Participaram do julgamento, além do signatário, os eminentes Senhores DES. JOSÉ FRANCISCO PELLEGRINI (PRESIDENTE) E DESA. MYLENE MARIA MICHEL.
Porto Alegre, 02 de junho de 2009.
DES. CARLOS RAFAEL DOS SANTOS JÚNIOR, Relator.
RALATÓRIO
DES. CARLOS RAFAEL DOS SANTOS JÚNIOR (RELATOR)
Trata-se de apelação interposta por HUGO VALTER KELM E OUTROS, inconformados com a sentença prolatada nos autos da AÇÃO DE ANULAÇÃO DE DOAÇÃO DE IMÓVEL ajuizada contra ÁUREA NÁDIA KELM E SUCESSORES DE ARNILDO ALBINO KELM.
Segundo a inicial, os autores são legítimos herdeiros de Albino Kelm e Leonora Kelm, ambos já falecidos. Relataram que no dia 04 de dezembro de 1992, por meio de escritura pública, seus pais doaram aos réus a nua propriedade do imóvel matrícula nº 9517 do Cartório de Registro de Imóveis de Horizontina, situado em Seção Enseadas, distrito de Maurício Cardoso, tendo os doadores reservado para si o usufruto vitalício.
Insurgiram-se, porque a doação ocorrera sem o seu conhecimento, sem a sua anuência e na mesma data do óbito do doador. Alegaram a nulidade do ato pela falta de discernimento do doador.
Os réus, na contestação, afirmaram que o doador tinha incapacidade de locomoção, mas não tinha incapacidade mental. Asseveraram que a doação foi de 50% dos bens, a qual foi feita a Arnildo Kelm, que era filho dos doadores, ou seja, foi doada a parte disponível do patrimônio. Afirmaram que os doadores eram proprietários de 228.355 m² da área e doaram 114.000m², isto é, menos da metade.
Mencionaram que se surpreenderam com a inércia dos autores. A procuração pública foi lavrada em 01/12/1992; a escritura pública de doação, lavrada no dia 04/12/1992, data em que faleceu o doador, às 22 horas.
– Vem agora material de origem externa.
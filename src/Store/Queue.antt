-- ===== src/Store/Queue.antt =====
-- The table matchmaking_queue (lobby-server/src/db/queue.rs, and the upserts of the ranked code).
use Prim.Native.Nat.{min}
use mathlib.Core.Option
use steam_lobby.Prelude.{
  ℕ, ◌*◌, ◌-◌, String, Option, none, some, Bool, false, not, ◌&&◌, ◌==◌, str_eq, any, leb, ltb,
  select, update, if◌then◌else◌, List, [], ◌∷◌, ◌++◌, map, is_none,
}
use steam_lobby.Core.Types.{PlayerId, DateTime, QueueEntry}
use steam_lobby.Core.Action.{Action, modifies, gets}
use steam_lobby.Core.Error.{ok}
use steam_lobby.Store.Rows.{QueueRow, PlayerStateRow}
use steam_lobby.Store.Db.{Db}

abbrev pub is_entry : {R : Type 0} → PlayerId → String → QueueRow R → Bool
is_entry id mode q = q.user_id == id && str_eq q.game_mode mode

-- INSERT … ON CONFLICT (user_id, game_mode) DO UPDATE SET f
abbrev pub upsert :
    {R : Type 0} → QueueRow R → (QueueRow R → QueueRow R) → List (QueueRow R) → List (QueueRow R)
upsert q f rows =
    if any (is_entry q.user_id q.game_mode) rows
    then update (is_entry q.user_id q.game_mode) f rows
    else rows ++ q ∷ []

-- DELETE FROM matchmaking_queue WHERE user_id = id AND game_mode <> mode
abbrev pub delete_other_modes :
    {R : Type 0} → PlayerId → String → List (QueueRow R) → List (QueueRow R)
delete_other_modes id mode = select λ q. not (q.user_id == id && not (str_eq q.game_mode mode))

-- The upsert that puts a player back at the place that it had in the queue.
abbrev pub requeued : {R : Type 0} → QueueRow R → List (QueueRow R) → List (QueueRow R)
requeued q rows =
    upsert q
      (λ old. record old {
        match_difficulty = q.match_difficulty;
        mu = q.mu;
        queued_at = min old.queued_at q.queued_at;
        lease_expires_at = q.lease_expires_at;
      })
      (delete_other_modes q.user_id q.game_mode rows)

abbrev pub seconds : ℕ → ℕ
seconds n = n * 1_000_000

abbrev pub to_entry : {R : Type 0} → QueueRow R → QueueEntry R
to_entry q = record {
  user_id = q.user_id;
  game_mode = q.game_mode;
  difficulty = q.match_difficulty;
  mu = q.mu;
  queued_at = q.queued_at;
}

-- The condition of the DELETE of `remove_stale_queue_entries`: a legacy row is stale once its
-- player's last heartbeat is older than the timeout, a leased row once its lease has run out, and no
-- row of a player with an active match is.
abbrev lapsed : DateTime → DateTime → Option DateTime → DateTime → Bool
lapsed now cutoff none last_heartbeat = ltb last_heartbeat cutoff
lapsed now cutoff (some lease) last_heartbeat = leb lease now

abbrev pub is_stale : {R : Type 0} → DateTime → DateTime → QueueRow R → Option PlayerStateRow → Bool
is_stale now cutoff q none = false
is_stale now cutoff q (some p) =
    is_none p.active_match_token && lapsed now cutoff q.lease_expires_at p.last_heartbeat

module _ {R : Type 0} where
  -- ORDER BY queued_at DESC LIMIT 1
  abbrev pub latest : QueueRow R → List (QueueRow R) → QueueRow R
  latest x [] = x
  latest x (y ∷ ys) = if ltb x.queued_at y.queued_at then latest y ys else latest x ys

  abbrev pub latest_of : List (QueueRow R) → Option (QueueRow R)
  latest_of [] = none
  latest_of (x ∷ xs) = some (latest x xs)

  unfoldable pub get_queued_entry : PlayerId → Action (Db R) (Option (QueueEntry R))
  get_queued_entry id =
      gets λ s. Option.map to_entry (latest_of (select (λ q. q.user_id == id) s.queue))

  unfoldable pub enqueue : QueueEntry R → Action (Db R) (Unit {0})
  enqueue e = modifies λ s. record s {
    queue =
        upsert
          (record {
            user_id = e.user_id;
            game_mode = e.game_mode;
            match_difficulty = e.difficulty;
            mu = e.mu;
            queued_at = s.now;
            lease_expires_at = none;
          })
          (λ old. record old { match_difficulty = e.difficulty; mu = e.mu; queued_at = s.now })
          s.queue;
  }

  unfoldable pub dequeue : PlayerId → String → Action (Db R) (Unit {0})
  dequeue id mode =
      modifies λ s. record s { queue = select (λ q. not (is_entry id mode q)) s.queue }

  unfoldable pub get_queue : String → Action (Db R) (List (QueueEntry R))
  get_queue mode = gets λ s. map to_entry (select (λ q. str_eq q.game_mode mode) s.queue)

  -- `timeout` is in microseconds; the answer is the players of the rows that were removed
  unfoldable pub remove_stale_queue_entries : ℕ → Action (Db R) (List PlayerId)
  remove_stale_queue_entries timeout s =
      let stale =
        λ (q : QueueRow R). is_stale s.now (s.now - timeout) q (s.player_state q.user_id) in
      (
        ok (map (λ (q : QueueRow R). q.user_id) (select stale s.queue)),
        record s { queue = select (λ q. not (stale q)) s.queue },
      )

  unfoldable pub is_queued : PlayerId → Action (Db R) Bool
  is_queued id = gets λ s. any (λ q. q.user_id == id) s.queue

  -- `queue::cleanup_stale` (lobby-core/src/queue.rs): 30 seconds
  unfoldable pub cleanup_stale : Action (Db R) (List PlayerId)
  unfolding remove_stale_queue_entries
  cleanup_stale = remove_stale_queue_entries (seconds 30)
Em 29/12/2002, foi registrada a doação no álbum imobiliário; em 02/12/2004 faleceu a doadora, Leonora Jesse Kelm e em 01/12/2006, ocorreu o óbito do donatário, Arlindo Albino Kelm, tendo sido ajuizada a presente ação somente em 2008.
Houve produção de prova oral.
O Dr. Juiz de Direito julgou improcedente o pedido. Entendeu o Julgador que, embora o doador estivesse com problemas de saúde, não havia provas suficientes para reconhecer que ele não soubesse que estava dispondo de seu imóvel rural. Condenou os autores ao pagamento dos ônus sucumbenciais.
Os autores, nas razões de apelo, alegam que a doação ocorreu sem a sua anuência, e a data da lavratura do ato foi a mesma do óbito, havendo, por conseguinte, forte suspeita de fraude. Dizem que não houve manifestação de vontade; que restou evidenciado que uma pessoa que sofre de derrame cerebral e fica internada na UTI por vários dias, não tem condições ou capacidade de demonstrar sua vontade, doando metade dos seus bens em benefício de apenas um herdeiro. Pedem a reforma da sentença.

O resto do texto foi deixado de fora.